• _Task to carry out_:
With the records below as your source, retype each line exactly from the top down to the line that contains "-- The digits", and include that line.

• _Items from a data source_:
Content starts
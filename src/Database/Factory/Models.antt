-- ===== src/Database/Factory/Models.antt =====
-- database/factories/user_factory.go and event_factory.go. The fake names and the clock's days are
-- parameters.
use gin_di.Prelude.{
  ℕ, zero, suc, ◌+◌, ◌/◌, ◌%◌, Text, codes, [], ◌∷◌, ◌++◌, map, ltb, if◌then◌else◌, Result, ok, err,
}
use gin_di.Http.Errors.{GoError, wrap}
use gin_di.Prelude.Int.{pos}
use gin_di.App.Models.{User, Event}
use gin_di.Database.Factory.{Factory, new}
use gin_di.Console.Reporter.{lower}

abbrev pub factory_password : Text
factory_password = codes "password"

-- The digits of a number, the last one first split off; the fuel bounds how many there are.
unfoldable pub decimal_in : ℕ → ℕ → Text
decimal_in zero n = []
decimal_in (suc fuel) n =
    let rest = decimal_in fuel (n / 10) in
    if ltb n 10 then (b'0' + n) ∷ [] else rest ++ ((b'0' + n % 10) ∷ [])

-- What %d prints of a sequence number, which has no more digits than its value and one.
unfoldable pub decimal : ℕ → Text
decimal n = decimal_in (suc n) n

-- `hashed` is what hashing the factory's password gave, once for the process, and `first_name` the
-- name drawn for an instance.
unfoldable pub user_factory : Result GoError Text → (ℕ → Text) → Factory User
user_factory hashed first_name = new λ sequence. elim hashed [
  | err e ↦ err (wrap (codes "hashing the factory password: ") e)
  | ok password ↦ ok record {
    id = pos 0;
    username = map lower (first_name sequence) ++ decimal sequence;
    password = password;
    created_at = [];
  }
]

unfoldable pub with_username : Text → User → User
with_username username user = record {
  id = user.id;
  username = username;
  password = user.password;
  created_at = user.created_at;
}

-- `dinner` is the name drawn for an instance, `day` the date so many days from now.
unfoldable pub event_factory : (ℕ → Text) → (ℕ → Text) → Factory Event
event_factory dinner day = new λ sequence. ok record {
  id = pos 0;
  name = dinner sequence;
  date = day sequence;
  created_at = [];
  user_id = pos 0;
}

unfoldable pub for_user : User → Event → Event
for_user user event = record {
  id = event.id;
  name = event.name;
  date = event.date;
  created_at = event.created_at;
  user_id = user.id;
}
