-- ===== src/Database/Factory/Tests.antt =====
-- Three numbers, the second of which is refused.
use gin_di.Prelude.{
  ℕ, ◌+◌, ◌*◌, codes, List, [], ◌∷◌, ◌==◌, if◌then◌else◌, ◌≡◌, refl, ◌⊎◌, Result, ok, err,
}
use gin_di.Database.Factory.Models.{user_factory, decimal, decimal_in}
use gin_di.Database.Factory.{Factory, new, make_from, make, apply_states, create, save_all}
use gin_di.Database.Factory.Batch.{Saves, StopsAt, create-outcome}
use gin_di.Http.Errors.{GoError, plain}
use gin_di.Prelude.Int.{pos}

abbrev numbers : Factory ℕ
numbers = record {
  definition = λ n. ok n;
  count = pos 3;
  states = (λ n. n * 10) ∷ (λ n. n + 1) ∷ [];
}

abbrev save : ℕ → List ℕ → List ℕ × Result GoError ℕ
save n db = if n == 21 then (db, err (plain (codes "duplicate"))) else (n ∷ db, ok n)

create-outcome_example :
    ((e : GoError) × (make numbers ≡ err e) × (create save numbers [] ≡ ([], err e)))
    ⊎ ((instances : List ℕ) × (make numbers ≡ ok instances)
        × (((last : List ℕ) × (stored : List ℕ) × (create save numbers [] ≡ (last, ok stored))
              × Saves save [] instances last stored)
            ⊎ ((last : List ℕ) × (e : GoError) × (create save numbers [] ≡ (last, err e))
                × StopsAt save [] instances last e)))
create-outcome_example = create-outcome save numbers []

stopped : (create save numbers []).0 ≡ 11 ∷ []
unfolding create make make_from apply_states save_all
stopped = refl

-- The twelfth user of a factory whose names are all Ann.
numbered :
    (user_factory (ok (codes "hash")) (λ n. codes "Ann")).definition 12
    ≡ ok record { id = pos 0; username = codes "ann12"; password = codes "hash"; created_at = [] }
unfolding user_factory new decimal decimal_in
numbered = refl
Content ends
• _Result for this task_:
filename src/Database/Factory/Models.antt
-- ===== src/Database/Factory/Models.antt =====
-- database/factories/user_factory.go and event_factory.go. The fake names and the clock's days are
-- parameters.
use gin_di.Prelude.{
  ℕ, zero, suc, ◌+◌, ◌/◌, ◌%◌, Text, codes, [], ◌∷◌, ◌++◌, map, ltb, if◌then◌else◌, Result, ok, err,
}
use gin_di.Http.Errors.{GoError, wrap}
use gin_di.Prelude.Int.{pos}
use gin_di.App.Models.{User, Event}
use gin_di.Database.Factory.{Factory, new}
use gin_di.Console.Reporter.{lower}

abbrev pub factory_password : Text
factory_password = codes "password"

-- The digits of a number, the last one first split off; the fuel bounds how many there are.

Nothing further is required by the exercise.